Но урок первой неудачи не ослабил рвения ледигьерского отшельника, он продолжает свои творческие опыты в самых тяжелых семейных условиях. Оноре пишет Лауре Сюрвиль в Байе, куда она уехала сейчас же после замужества: «Если ты хочешь знать нашу жизнь, представь себе сначала папу, расхаживающего по комнате после прочтения газеты, затем маму в постели, еще не оправившуюся после мнимого воспаления легких, возле нее Лоранс и, наконец, твоего дорогого брата, пишущего перед камином, на маленьком столике, где стояла когда-то твоя чернильница…». К этому постоянному напряжению, которое могло в один миг вылиться в семейный скандал, надо еще прибавить новые заботы женской половины дома Бальзаков: заневестилась Лоранс. «Трубадур приходит завтракать, обедать и усиленно ухаживает, однако, признаюсь тебе, что во всех его улыбках, словах, поступках, жестах и т. д. я не вижу ничего, что напоминало бы любовь, как я ее понимаю».
«Подарки, подношения, безделушки… Я не мог ни думать, ни работать, а мне нужно писать, писать каждый день, чтобы завоевать себе независимость, в которой мне отказывают. Пытаться стать свободным при помощи романов, и каких романов!.. Если я не начну быстро зарабатывать деньги, снова появится призрак должности. Во всяком случае, я не сделаюсь нотариусом, потому что господин Т. умер. Но мне сдается, что господин Г. тайно подыскивает мне место. Какой ужасный человек! Считай же меня мертвым, если мне нахлобучат на голову этот колпак, — я сделаюсь манежной лошадью, которая делает свои тридцать или сорок кругов в день, ест, пьет, спит по расписанию. И это механическое круговращение, это постоянное возвращение одного и того же называется жизнью!»

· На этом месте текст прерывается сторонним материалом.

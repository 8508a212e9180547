-- ===== src/Entry/Main/Login.antt =====
-- Whom a proxy serves, from its command line on (main.go, proxy.go, socks5.go and http_proxy.go).
use tunnel.Prelude.{
  Bytes, Bool, true, [], ◌∷◌, ◌++◌, ◌≡◌, ◌≢◌, refl, sym, ap, ◌∙◌, Option, none, some, codes, ℤ,
}
use tunnel.Text.{Lacks, has_prefix}
use tunnel.Ech.Cache.{prepare_ech}
use tunnel.Http.Request.{Runtime}
use tunnel.Pool.State.{Pool}
use tunnel.Pool.Start.{make_pool}
use tunnel.Socks.Address.{IpText}
use tunnel.Socks.Handshake.{Config}
use tunnel.Proxy.Startup
use tunnel.Proxy.Startup.{run_proxy_server, run_proxy_server-IsLogin}
use tunnel.Proxy.Connection.{handle_proxy_connection}
use tunnel.Proxy.Connection.Access.{is_tunnelled, IsLogin}
use tunnel.Entry.{proxy, mode_of}
use tunnel.Entry.Main.{
  Flags, flags_of, or_default, proxying, Outside, as_proxy, behind_prepare, run_mode, main,
}

as_proxy-proxying :
    (Cidr : Type 0) (made : Option Pool) (found : Bytes) (r : Option Startup.Start) (p : Pool)
    (cache : Bytes) (c : Config)
    → as_proxy {Cidr = Cidr} made found r ≡ proxying p cache c
    → r ≡ some (Startup.serves c)
as_proxy-proxying Cidr made found none p cache c e = cc
as_proxy-proxying Cidr made found (some Startup.refused) p cache c e = cc
as_proxy-proxying Cidr none found (some (Startup.serves d)) p cache c e = cc
as_proxy-proxying Cidr (some q) found (some (Startup.serves d)) p cache c e = cc

module _ {Cidr : Type 0} (o : Outside Cidr) where
  prepared-proxying :
      (made : Option Pool) (r : Option Startup.Start) (list : Option Bytes) (p : Pool)
      (cache : Bytes) (c : Config)
      → behind_prepare list (λ found. as_proxy {Cidr = Cidr} made found r) ≡ proxying p cache c
      → r ≡ some (Startup.serves c)
  prepared-proxying made r none p cache c e = cc
  prepared-proxying made r (some found) p cache c e =
      as_proxy-proxying Cidr made found r p cache c e

  mode_of-proxy : (rest : Bytes) → mode_of (codes "proxy://" ++ rest) ≡ proxy
  unfolding mode_of has_prefix
  mode_of-proxy rest = refl

  main-proxying :
      (f : Flags) (rest : Bytes) (p : Pool) (cache : Bytes) (c : Config)
      → f.listen_addr ≡ codes "proxy://" ++ rest
      → main o f ≡ proxying p cache c
      → run_proxy_server o.parse_url o.listens (codes "proxy://" ++ rest) f.forward_addr
        ≡ some (Startup.serves c)
  unfolding main run_mode
  main-proxying f rest p cache c l e =
      let r = run_proxy_server o.parse_url o.listens (codes "proxy://" ++ rest) f.forward_addr in
      let made = make_pool f.forward_addr f.connection_num in
      let runs : main o f
          ≡ behind_prepare (prepare_ech o.attempts) (λ found. as_proxy made found r) =
        rw (l, mode_of-proxy rest) in
      prepared-proxying made r (prepare_ech o.attempts) p cache c (sym runs ∙ e)

  -- A proxy that was started with a user name and a password in its flag -l, neither of them empty, and
  -- that has come to serve: only a client that logs in with just these two, by SOCKS5 or HTTP, is brought
  -- to a target, whatever the clients send.
  pub main-IsLogin :
      (given : Bytes → Option Bytes) (n : Option ℤ) (username password host : Bytes) (p : Pool)
      (cache : Bytes) (c : Config) (t : IpText) (r : Runtime) (sent replied : Bool) (input : Bytes)
      → username ≢ []
      → password ≢ []
      → Lacks b':' username
      → Lacks b'@' username
      → Lacks b'@' password
      → given (codes "l")
        ≡ some (codes "proxy://" ++ ((username ++ b':' ∷ password) ++ b'@' ∷ host))
      → main o (flags_of given n) ≡ proxying p cache c
      → is_tunnelled (handle_proxy_connection c t r sent replied input) ≡ true
      → IsLogin (record { username = username; password = password; host = host }) input
  unfolding flags_of
  main-IsLogin given n username password host p cache c t r sent replied input ne ne_password colon
        at at_password l e h =
      let f = flags_of given n in
      run_proxy_server-IsLogin o.parse_url o.listens username password host f.forward_addr c t r
        sent replied input ne ne_password colon at at_password
        (main-proxying f ((username ++ b':' ∷ password) ++ b'@' ∷ host) p cache c
          (ap (λ v. or_default v []) l) e)
        h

В семье Бальзака то извергаются вулканы женских истерик, то водворяются серые монотонные будни, то вдруг дом приобретает мещански праздничный вид со всеми этими жениховскими безделушками, подношеньями и улыбками, за которыми чуется скука механического круговращения, и наконец, и что самое ужасное для Оноре, встает призрак колпака нотариуса, от которого он бежал и спасался на мансарде.
Все это конечно не благоприятствует творческим замыслам молодого писателя и повергает его в тоску, но в этой тоске и томлении есть одна замечательная черта: «а мне нужно писать, писать каждый день». Это уже говорит о той дисциплине, которую успел выработать в себе будущий мастер и которая дала возможность страстной галльской натуре Оноре вынести феноменальный труд.
Неудача «Кромвеля» не сломила Бальзака, и он пробует свои силы в другой области. Он садится за чтение и проглатывает колоссальное количество романов Ретиф де-ла-Бретона [83], Себастьена Мерсье [84], Дюкре-Дюминиля [85]и Пиго Лебрена [86], романов, весьма посредственных, конца XVIII и начала XIX века, в которых вялая и несносная сентиментальность чередуется с пошловатой нескромностью. Он читает также иностранные романы: «Клариссу Гарло» Ричардсона, «Векфильдского священника» Гольдсмита [87], «Калеба Вильяма» Годвина [88], произведения немецкого романиста Августа Лафонтена [89], полные мещанской чувствительности, переводы которых издавались в 1818–1820 гг.; особенно увлекается чтением Анны Радклифф [90], Льюиса [91]и Матюрена [92]и наконец открывает Вальтер Скотта [93], известность которого достигла Франции, и восторгается «Кенильвортом».